§ **Activity**: Which lines of the data below include the string "Core"? Return each of them.

§ **Provided data**:

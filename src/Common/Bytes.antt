-- ===== src/Common/Bytes.antt =====
-- Big-endian numbers and fixed fields of a byte string: `to_be_bytes`, `from_be_bytes`, and the
-- slices that every decoder of the program cuts out (src/clipboard/secure_transfer.rs).
use clip_ferry.Common.Tests.{leb, if◌then◌else◌, le→leb}
use clip_ferry.Common.Lists.{
  length, get_elem?, take, drop, All, length-append, take-append, drop-append_add, length-take,
  length-drop, take-append-drop, drop-drop, All-take, All-drop, All-append, All-left, All-right,
}
use Prim.Native.Nat.{ℕ, zero, suc, ◌+◌, ◌-◌, ◌*◌, ◌/◌, ◌%◌, ◌^◌, ◌≤◌, ◌<◌}
use mathlib.Core.Path.{◌≡◌, refl, ap, sym, subst, ◌∙◌}
use mathlib.Core.List.{
  List, [], ◌∷◌, ◌++◌, reverse, reverse-cons, reverse-reverse, append_assoc, append-nil,
}
use mathlib.Core.Option.{Option, none, some}
use native.Mathlib.Nat.{pow-succ'}
use native.Mathlib.Omega.{arith}

abbrev pub IsByte : ℕ → Type 0
IsByte b = b < 256

-- The last `w` bytes of `v`, highest first.
unfoldable pub to_be_bytes : ℕ → ℕ → List ℕ
to_be_bytes zero v = []
to_be_bytes (suc w) v = to_be_bytes w (v / 256) ++ ((v % 256) ∷ [])

pub from_be : ℕ → List ℕ → ℕ
from_be acc [] = acc
from_be acc (b ∷ bs) = from_be (acc * 256 + b) bs

unfoldable pub from_be_bytes : List ℕ → ℕ
unfolding from_be
from_be_bytes bs = from_be 0 bs

pub length-to_be_bytes : (w v : ℕ) → length (to_be_bytes w v) ≡ w
unfolding to_be_bytes
length-to_be_bytes zero v = refl
length-to_be_bytes (suc w) v = omega (
  arith,
  length-append (to_be_bytes w (v / 256)) ((v % 256) ∷ []),
  length-to_be_bytes w (v / 256),
)

pub to_be_bytes-IsByte : (w v : ℕ) → All IsByte (to_be_bytes w v)
unfolding to_be_bytes
to_be_bytes-IsByte zero v = tt
to_be_bytes-IsByte (suc w) v =
    All-append IsByte (to_be_bytes w (v / 256)) ((v % 256) ∷ []) (to_be_bytes-IsByte w (v / 256))
      (omega arith)

from_be-snoc :
    (acc : ℕ) (bs : List ℕ) (b : ℕ) → from_be acc (bs ++ (b ∷ [])) ≡ from_be acc bs * 256 + b
unfolding from_be
from_be-snoc acc [] b = refl
from_be-snoc acc (c ∷ bs) b = from_be-snoc (acc * 256 + c) bs b

-- Below 256 ^ w the digits of a number give it back.
pub from-to_be_bytes : (w v : ℕ) → v < 256 ^ w → from_be_bytes (to_be_bytes w v) ≡ v
unfolding from_be_bytes to_be_bytes from_be
from-to_be_bytes zero v h = omega arith
from-to_be_bytes (suc w) v h =
    from_be-snoc 0 (to_be_bytes w (v / 256)) (v % 256)
    ∙ (omega (arith, from-to_be_bytes w (v / 256) (grind arith)))

to_be_bytes-snoc :
    (w x b : ℕ) (bs : List ℕ)
    → b < 256
    → to_be_bytes w x ≡ bs
    → to_be_bytes (suc w) (x * 256 + b) ≡ bs ++ (b ∷ [])
unfolding to_be_bytes
to_be_bytes-snoc w x b bs h e =
    let q : (x * 256 + b) / 256 ≡ x = omega arith in
    let r : (x * 256 + b) % 256 ≡ b = omega arith in rw (q, r, e)

pub length-reverse : (bs : List ℕ) → length (reverse bs) ≡ length bs
length-reverse [] = refl
length-reverse (b ∷ bs) =
    omega
      (arith, ap length (reverse-cons b bs), length-append (reverse bs) (b ∷ []), length-reverse bs)

to-from_be-reverse :
    (acc : ℕ) (bs : List ℕ)
    → All IsByte (reverse bs)
    → to_be_bytes (length bs) (from_be acc (reverse bs)) ≡ reverse bs
to-from_be-reverse acc [] h = unfold to_be_bytes in refl
to-from_be-reverse acc (b ∷ bs) h =
    let h' : All IsByte (reverse bs ++ (b ∷ [])) = subst (All IsByte) (reverse-cons b bs) h in
    subst (λ l. to_be_bytes (suc (length bs)) (from_be acc l) ≡ l) (sym (reverse-cons b bs))
      (rw (from_be-snoc acc (reverse bs) b) (
        to_be_bytes-snoc (length bs) (from_be acc (reverse bs)) b (reverse bs)
          (All-right IsByte (reverse bs) (b ∷ []) h').0
          (to-from_be-reverse acc bs (All-left IsByte (reverse bs) (b ∷ []) h'))))

-- Bytes are the digits of the number that they are read as.
pub to-from_be_bytes :
    (n : ℕ) (bs : List ℕ) → length bs ≡ n → All IsByte bs → to_be_bytes n (from_be_bytes bs) ≡ bs
unfolding from_be_bytes
to-from_be_bytes n bs e h =
    subst (λ l. to_be_bytes n (from_be 0 l) ≡ l) (reverse-reverse bs)
      (subst (λ m. to_be_bytes m (from_be 0 (reverse (reverse bs))) ≡ reverse (reverse bs))
        (length-reverse bs ∙ e)
        (to-from_be-reverse 0 (reverse bs) (subst (All IsByte) (sym (reverse-reverse bs)) h)))

-- `bytes.get(start..start + n)`, as the decoders use it.
unfoldable pub field_at : ℕ → List ℕ → ℕ → Option (List ℕ)
field_at n bs start = if leb (start + n) (length bs) then some (take n (drop start bs)) else none

pub field_at-here : (a r : List ℕ) (n : ℕ) → length a ≡ n → field_at n (a ++ r) 0 ≡ some a
unfolding field_at
field_at-here a r n e =
    rw (← e, le→leb (0 + length a) (length (a ++ r)) (omega (arith, length-append a r)))
      (ap some (take-append a r))

pub field_at-skip :
    (a r : List ℕ) (n s k : ℕ) → length a ≡ k → k ≤ s → field_at n (a ++ r) s ≡ field_at n r (s - k)
unfolding field_at
field_at-skip a r n s k e h =
    let past : drop s (a ++ r) ≡ drop (s - k) r =
      (ap (λ m. drop m (a ++ r)) (let e' : s ≡ length a + (s - k) = omega arith in e')
        ∙ drop-append_add a r (s - k)) in
    ground (arith, past, length-append a r)

pub be_here : (w v : ℕ) (r : List ℕ) → field_at w (to_be_bytes w v ++ r) 0 ≡ some (to_be_bytes w v)
be_here w v r = field_at-here (to_be_bytes w v) r w (length-to_be_bytes w v)

pub be_end : (w v : ℕ) → field_at w (to_be_bytes w v) 0 ≡ some (to_be_bytes w v)
be_end w v = ap (λ l. field_at w l 0) (sym (append-nil (to_be_bytes w v))) ∙ be_here w v []

pub be_skip :
    (w v : ℕ) (r : List ℕ) (n s : ℕ)
    → w ≤ s
    → field_at n (to_be_bytes w v ++ r) s ≡ field_at n r (s - w)
be_skip w v r n s h = field_at-skip (to_be_bytes w v) r n s w (length-to_be_bytes w v) h

-- What `field_at` cuts out has the length that was asked for.
pub length-field_at :
    (n start : ℕ) (bs : List ℕ) {field : List ℕ}
    → field_at n bs start ≡ some field
    → length field ≡ n
unfolding field_at
length-field_at n start bs h = ground (arith, length-take n (drop start bs), length-drop start bs)

pub field_at-IsByte :
    (n start : ℕ) (bs : List ℕ) {field : List ℕ}
    → field_at n bs start ≡ some field
    → All IsByte bs
    → All IsByte field
unfolding field_at
field_at-IsByte n start bs h b =
    ground (arith, All-take IsByte n (drop start bs) (All-drop IsByte start bs b))

-- A field and what follows it.
pub field_split :
    (n start : ℕ) (bs : List ℕ) {field : List ℕ}
    → field_at n bs start ≡ some field
    → drop start bs ≡ field ++ drop (start + n) bs
unfolding field_at
field_split n start bs h = ground (arith, take-append-drop n (drop start bs), drop-drop start n bs)

pub field_at-some :
    (n start : ℕ) (bs : List ℕ)
    → start + n ≤ length bs
    → field_at n bs start ≡ some (take n (drop start bs))
unfolding field_at
field_at-some n start bs h = ground arith

digit_bound :
    (x acc b p : ℕ) → b < 256 → x + 1 ≤ (acc * 256 + b + 1) * p → x + 1 ≤ (acc + 1) * (256 * p)
digit_bound x acc b p h le =
    let top : (acc * 256 + b + 1) * p ≤ (acc * 256 + 256) * p = grind arith in omega arith

from_be-lt :
    (acc : ℕ) (bs : List ℕ) → All IsByte bs → from_be acc bs + 1 ≤ (acc + 1) * 256 ^ length bs
unfolding from_be
from_be-lt acc [] h = omega arith
from_be-lt acc (b ∷ bs) h =
    let e : 256 ^ suc (length bs) ≡ 256 * 256 ^ length bs = pow-succ' 256 (length bs) in
    rw e (
      digit_bound (from_be (acc * 256 + b) bs) acc b (256 ^ length bs) h.0
        (from_be-lt (acc * 256 + b) bs h.1))

pub from_be_bytes-lt :
    (n : ℕ) (bs : List ℕ) → length bs ≡ n → All IsByte bs → from_be_bytes bs < 256 ^ n
unfolding from_be_bytes
from_be_bytes-lt n bs e h = rw (← e) (omega (arith, from_be-lt 0 bs h))

-- Fields laid out one after the other.
abbrev pub concat : List (List ℕ) → List ℕ
concat [] = []
concat (f ∷ fs) = f ++ concat fs

-- Where the field number `i` begins.
abbrev pub offset_of : List (List ℕ) → ℕ → ℕ
offset_of [] i = 0
offset_of (f ∷ fs) zero = 0
offset_of (f ∷ fs) (suc i) = length f + offset_of fs i

-- A decoder that cuts at a field's place gets the field.
pub field_at-concat :
    (fs : List (List ℕ)) (i n k : ℕ) (rest f : List ℕ)
    → get_elem? fs i ≡ some f
    → offset_of fs i ≡ k
    → length f ≡ n
    → field_at n (concat fs ++ rest) k ≡ some f
field_at-concat [] i n k rest f h o e = cc
field_at-concat (g ∷ fs) zero n k rest f h o e =
    let same : g ≡ f = cc in
    rw (← o, append_assoc g (concat fs) rest, same) (field_at-here f (concat fs ++ rest) n e)
field_at-concat (g ∷ fs) (suc i) n k rest f h o e =
    rw (← o, append_assoc g (concat fs) rest)
      (field_at-skip g (concat fs ++ rest) n (length g + offset_of fs i) (length g) refl
          (omega arith)
        ∙ field_at-concat fs i n (length g + offset_of fs i - length g) rest f h (omega arith) e)

pub field_at-concat_end :
    (fs : List (List ℕ)) (i n k : ℕ) (f : List ℕ)
    → get_elem? fs i ≡ some f
    → offset_of fs i ≡ k
    → length f ≡ n
    → field_at n (concat fs) k ≡ some f
field_at-concat_end fs i n k f h o e =
    ap (λ l. field_at n l k) (sym (append-nil (concat fs))) ∙ field_at-concat fs i n k [] f h o e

§ **Solved exercise**:
use mathlib.Core.Path.{◌≡◌, refl, ap, sym, subst, ◌∙◌}
use mathlib.Core.List.{
use mathlib.Core.Option.{Option, none, some}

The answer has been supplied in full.